Selanjutnya, kurikulum perlu dibuat lebih fleksibel dan kontekstual, memberikan ruang bagi
siswa untuk eksplorasi mandiri dan koneksi pengetahuan dengan dunia nyata. Bersamaan dengan itu,
pemanfaatan teknologi harus diintegrasikan secara strategis sebagai enabler pembelajaran, bukan
sekadar alat pelengkap. Teknologi dapat memfasilitasi kolaborasi, simulasi, dan analisis data,
memperkaya pengalaman belajar siswa dalam membangun pemahaman yang kompleks.
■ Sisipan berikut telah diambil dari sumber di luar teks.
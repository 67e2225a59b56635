-- ===== src/Agent/Newlines.antt =====
-- The line ends of the audit log's file, as `open` translates them.
use Prim.Native.String
use asl3_api.Prelude.{
  ℕ, Char, String, code, Bool, true, false, not, ◌&&◌, all_chars, ◌==◌, nil-append, cons-append,
  ◌≡◌, refl, ap, sym, ◌∙◌, arith, inl, inr, Bool-cases,
}
use asl3_api.Transport.Frame.{begins_lf}
use asl3_api.Agent.Audit.{translated, universal}

abbrev pub is_not_newline : ℕ → Bool
is_not_newline n = not (n == 10) && not (n == 13)

-- The text is empty, or its last character is a newline.
abbrev pub ends_newline : String → Bool
ends_newline String.[] = true
ends_newline (String.◌∷◌ c String.[]) = code c == 10
ends_newline (String.◌∷◌ c (String.◌∷◌ d s)) = ends_newline (String.◌∷◌ d s)

translated-append :
    (c : Char) (b : Bool) (x y : String)
    → translated c b (String.◌++◌ x y) ≡ String.◌++◌ (translated c b x) y
translated-append c b x y = elim (Bool-cases (code c == 13)) [
  | inl returns ↦ elim (Bool-cases b) [
    | inl joined ↦ rw (returns, joined) refl
    | inr alone ↦ rw (returns, alone, cons-append) refl
  ]
  | inr plain ↦ rw (plain, cons-append) refl
]

translated-ends :
    (c : Char) (b : Bool) (z : Char) (zs : String)
    → ends_newline (String.◌∷◌ z zs) ≡ true
    → ends_newline (translated c b (String.◌∷◌ z zs)) ≡ true
translated-ends c b z zs h = elim (Bool-cases (code c == 13)) [
  | inl returns ↦ elim (Bool-cases b) [
    | inl joined ↦ rw (returns, joined) h
    | inr alone ↦ rw (returns, alone) h
  ]
  | inr plain ↦ rw plain h
]

-- A text that is not empty is not empty as it is read.
universal_filled :
    (c : Char) (s : String)
    → (z : Char) × (zs : String) × (universal (String.◌∷◌ c s) ≡ String.◌∷◌ z zs)
unfolding universal
universal_filled c String.[] = elim (Bool-cases (code c == 13)) [
  | inl returns ↦ ("\n", "", rw returns refl)
  | inr plain ↦ (c, "", rw plain refl)
]
universal_filled c (String.◌∷◌ d s) =
    let (z, zs, later) = universal_filled d s in
    elim (Bool-cases (code c == 13)) [
      | inl returns ↦ elim (Bool-cases (code d == 10)) [
        | inl feeds ↦ (z, zs, rw (returns, feeds) later)
        | inr other ↦ ("\n", universal (String.◌∷◌ d s), rw (returns, other) refl)
      ]
      | inr plain ↦ (c, universal (String.◌∷◌ d s), rw plain refl)
    ]

pub universal_line :
    (s : String)
    → all_chars is_not_newline s ≡ true
    → universal (String.◌++◌ s "\n") ≡ String.◌++◌ s "\n"
unfolding universal all_chars
universal_line String.[] h = rw nil-append refl
universal_line (String.◌∷◌ c s) h =
    let plain : (code c == 13) ≡ false = ground (arith, h) in
    rw (cons-append, universal_line s (ground (arith, h)), plain) refl

pub universal-append :
    (a b : String)
    → ends_newline a ≡ true
    → universal (String.◌++◌ a b) ≡ String.◌++◌ (universal a) (universal b)
unfolding universal
universal-append String.[] b h = rw (nil-append, nil-append) refl
universal-append (String.◌∷◌ c String.[]) b h =
    let plain : (code c == 13) ≡ false = ground (arith, h) in
    rw (cons-append, nil-append, plain, cons-append, nil-append) refl
universal-append (String.◌∷◌ c (String.◌∷◌ d s)) b h =
    ap universal (cons-append c (String.◌∷◌ d s) b)
    ∙ ap (λ t. translated c (begins_lf t) (universal t)) (cons-append d s b)
    ∙ ap (λ t. translated c (code d == 10) (universal t)) (sym (cons-append d s b))
    ∙ ap (translated c (code d == 10)) (universal-append (String.◌∷◌ d s) b h)
    ∙ translated-append c (code d == 10) (universal (String.◌∷◌ d s)) (universal b)

pub ends_newline-universal :
    (a : String) → ends_newline a ≡ true → ends_newline (universal a) ≡ true
unfolding universal
ends_newline-universal String.[] h = refl
ends_newline-universal (String.◌∷◌ c String.[]) h =
    let plain : (code c == 13) ≡ false = ground (arith, h) in rw plain h
ends_newline-universal (String.◌∷◌ c (String.◌∷◌ d s)) h =
    let (z, zs, filled) = universal_filled d s in
    rw filled (
      translated-ends c (code d == 10) z zs
        (rw (← filled) (ends_newline-universal (String.◌∷◌ d s) h)))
Terakhir, sistem asesmen harus bergeser menjadi lebih otentik dan holistik, melampaui
hafalan dan mengukur pemahaman konseptual, berpikir kritis, serta keterampilan abad ke-21 lainnya
melalui proyek atau portofolio. Menciptakan lingkungan belajar yang suportif yang mendorong
12
13
rasa ingin tahu, eksperimen, dan kolaborasi juga esensial. Dengan implementasi yang sistematis,
strategi ini berpotensi besar membentuk generasi pembelajar yang adaptif dan inovatif.
13
14
DAFTAR PUSTAKA
Goodfellow, I., Bengio, Y., & Courville, A. (2016). Deep Learning. MIT Press. Chollet, F.
(2017). Deep Learning with Python. Manning Publications.
LeCun, Y., Bengio, Y., & Haffner, P. (1998). Gradient-Based Learning Applied to Document
Recognition. Proceedings of the IEEE.